**Try it**
Each line of the records below that holds "length" should be copied out.

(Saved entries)
——

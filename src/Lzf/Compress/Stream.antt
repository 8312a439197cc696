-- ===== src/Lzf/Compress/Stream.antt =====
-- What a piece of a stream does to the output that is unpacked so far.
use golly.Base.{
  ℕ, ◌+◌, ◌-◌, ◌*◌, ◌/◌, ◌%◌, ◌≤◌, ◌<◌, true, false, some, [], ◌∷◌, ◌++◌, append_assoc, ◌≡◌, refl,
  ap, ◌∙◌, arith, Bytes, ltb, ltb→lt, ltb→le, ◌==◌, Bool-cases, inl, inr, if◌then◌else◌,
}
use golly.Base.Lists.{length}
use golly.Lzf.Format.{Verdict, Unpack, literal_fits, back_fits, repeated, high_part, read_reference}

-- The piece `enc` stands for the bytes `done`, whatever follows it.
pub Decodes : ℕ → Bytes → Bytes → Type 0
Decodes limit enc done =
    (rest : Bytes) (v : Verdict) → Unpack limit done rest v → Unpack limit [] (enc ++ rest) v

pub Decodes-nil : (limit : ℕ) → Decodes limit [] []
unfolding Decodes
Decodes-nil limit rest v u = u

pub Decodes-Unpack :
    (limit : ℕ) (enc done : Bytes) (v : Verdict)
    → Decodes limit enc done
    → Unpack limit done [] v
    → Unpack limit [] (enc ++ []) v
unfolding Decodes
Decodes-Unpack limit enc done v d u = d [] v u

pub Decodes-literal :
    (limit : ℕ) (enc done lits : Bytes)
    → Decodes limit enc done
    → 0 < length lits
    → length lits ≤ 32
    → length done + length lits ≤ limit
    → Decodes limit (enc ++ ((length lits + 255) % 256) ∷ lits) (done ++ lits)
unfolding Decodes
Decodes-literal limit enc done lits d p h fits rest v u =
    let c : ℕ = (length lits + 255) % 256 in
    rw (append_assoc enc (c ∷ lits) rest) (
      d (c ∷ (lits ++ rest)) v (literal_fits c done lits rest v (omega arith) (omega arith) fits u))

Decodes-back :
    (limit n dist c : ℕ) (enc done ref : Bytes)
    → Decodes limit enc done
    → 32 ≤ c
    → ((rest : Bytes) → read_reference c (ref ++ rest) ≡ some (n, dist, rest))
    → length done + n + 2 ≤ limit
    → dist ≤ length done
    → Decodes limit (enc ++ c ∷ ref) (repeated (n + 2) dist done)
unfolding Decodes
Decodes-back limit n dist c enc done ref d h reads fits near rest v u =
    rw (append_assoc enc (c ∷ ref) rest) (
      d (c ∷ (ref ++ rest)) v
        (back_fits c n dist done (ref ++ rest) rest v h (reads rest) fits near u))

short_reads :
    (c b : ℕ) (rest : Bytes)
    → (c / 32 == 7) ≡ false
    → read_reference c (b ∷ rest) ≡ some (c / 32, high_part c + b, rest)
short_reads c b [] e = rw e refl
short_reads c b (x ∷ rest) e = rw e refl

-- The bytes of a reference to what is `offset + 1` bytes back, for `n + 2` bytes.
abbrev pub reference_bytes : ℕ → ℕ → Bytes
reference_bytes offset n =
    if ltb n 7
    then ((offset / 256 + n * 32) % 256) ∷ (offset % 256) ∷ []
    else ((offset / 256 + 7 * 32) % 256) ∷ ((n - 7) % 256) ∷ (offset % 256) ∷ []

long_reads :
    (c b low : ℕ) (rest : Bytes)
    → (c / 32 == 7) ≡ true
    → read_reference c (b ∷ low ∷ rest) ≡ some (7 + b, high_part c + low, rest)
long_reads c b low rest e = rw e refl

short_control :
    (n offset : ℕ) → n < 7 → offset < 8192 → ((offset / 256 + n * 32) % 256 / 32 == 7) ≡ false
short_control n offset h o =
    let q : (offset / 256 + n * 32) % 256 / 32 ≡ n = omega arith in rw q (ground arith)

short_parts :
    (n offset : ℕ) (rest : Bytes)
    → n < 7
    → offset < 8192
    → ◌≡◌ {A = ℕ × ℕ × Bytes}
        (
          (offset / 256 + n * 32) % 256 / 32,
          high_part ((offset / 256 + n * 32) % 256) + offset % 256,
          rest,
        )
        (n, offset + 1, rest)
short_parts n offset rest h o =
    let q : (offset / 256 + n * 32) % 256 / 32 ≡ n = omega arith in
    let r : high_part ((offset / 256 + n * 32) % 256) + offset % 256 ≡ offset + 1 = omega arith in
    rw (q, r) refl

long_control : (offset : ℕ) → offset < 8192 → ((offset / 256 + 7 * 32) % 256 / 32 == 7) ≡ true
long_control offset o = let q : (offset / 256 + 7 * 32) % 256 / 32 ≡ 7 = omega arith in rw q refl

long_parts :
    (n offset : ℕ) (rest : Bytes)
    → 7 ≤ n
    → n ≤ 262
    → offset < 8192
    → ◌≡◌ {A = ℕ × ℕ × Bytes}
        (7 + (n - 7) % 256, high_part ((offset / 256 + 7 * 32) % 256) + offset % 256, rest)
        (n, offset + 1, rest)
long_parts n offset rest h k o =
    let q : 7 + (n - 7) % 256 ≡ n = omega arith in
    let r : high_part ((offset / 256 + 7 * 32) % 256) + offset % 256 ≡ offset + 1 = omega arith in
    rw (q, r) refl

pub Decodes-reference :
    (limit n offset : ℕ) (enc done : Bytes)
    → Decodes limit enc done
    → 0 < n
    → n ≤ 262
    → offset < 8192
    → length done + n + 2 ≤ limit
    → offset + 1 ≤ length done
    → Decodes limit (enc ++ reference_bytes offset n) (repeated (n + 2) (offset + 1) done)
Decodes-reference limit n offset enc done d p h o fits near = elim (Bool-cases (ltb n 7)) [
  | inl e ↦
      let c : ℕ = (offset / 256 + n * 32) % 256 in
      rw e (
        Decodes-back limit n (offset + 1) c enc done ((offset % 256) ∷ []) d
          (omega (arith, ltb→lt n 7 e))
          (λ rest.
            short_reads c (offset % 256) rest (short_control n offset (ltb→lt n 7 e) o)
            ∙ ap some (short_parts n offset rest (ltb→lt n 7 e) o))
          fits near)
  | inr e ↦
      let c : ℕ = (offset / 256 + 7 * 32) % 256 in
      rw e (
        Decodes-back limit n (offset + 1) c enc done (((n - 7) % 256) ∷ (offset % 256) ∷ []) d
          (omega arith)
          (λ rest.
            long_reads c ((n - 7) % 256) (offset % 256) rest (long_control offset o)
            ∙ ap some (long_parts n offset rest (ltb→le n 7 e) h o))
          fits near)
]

——

**Solution**
use golly.Base.Lists.{length}
    → 0 < length lits
    → length lits ≤ 32
    → length done + length lits ≤ limit
    → Decodes limit (enc ++ ((length lits + 255) % 256) ∷ lits) (done ++ lits)
    let c : ℕ = (length lits + 255) % 256 in
    → length done + n + 2 ≤ limit
    → dist ≤ length done
    → length done + n + 2 ≤ limit
    → offset + 1 ≤ length done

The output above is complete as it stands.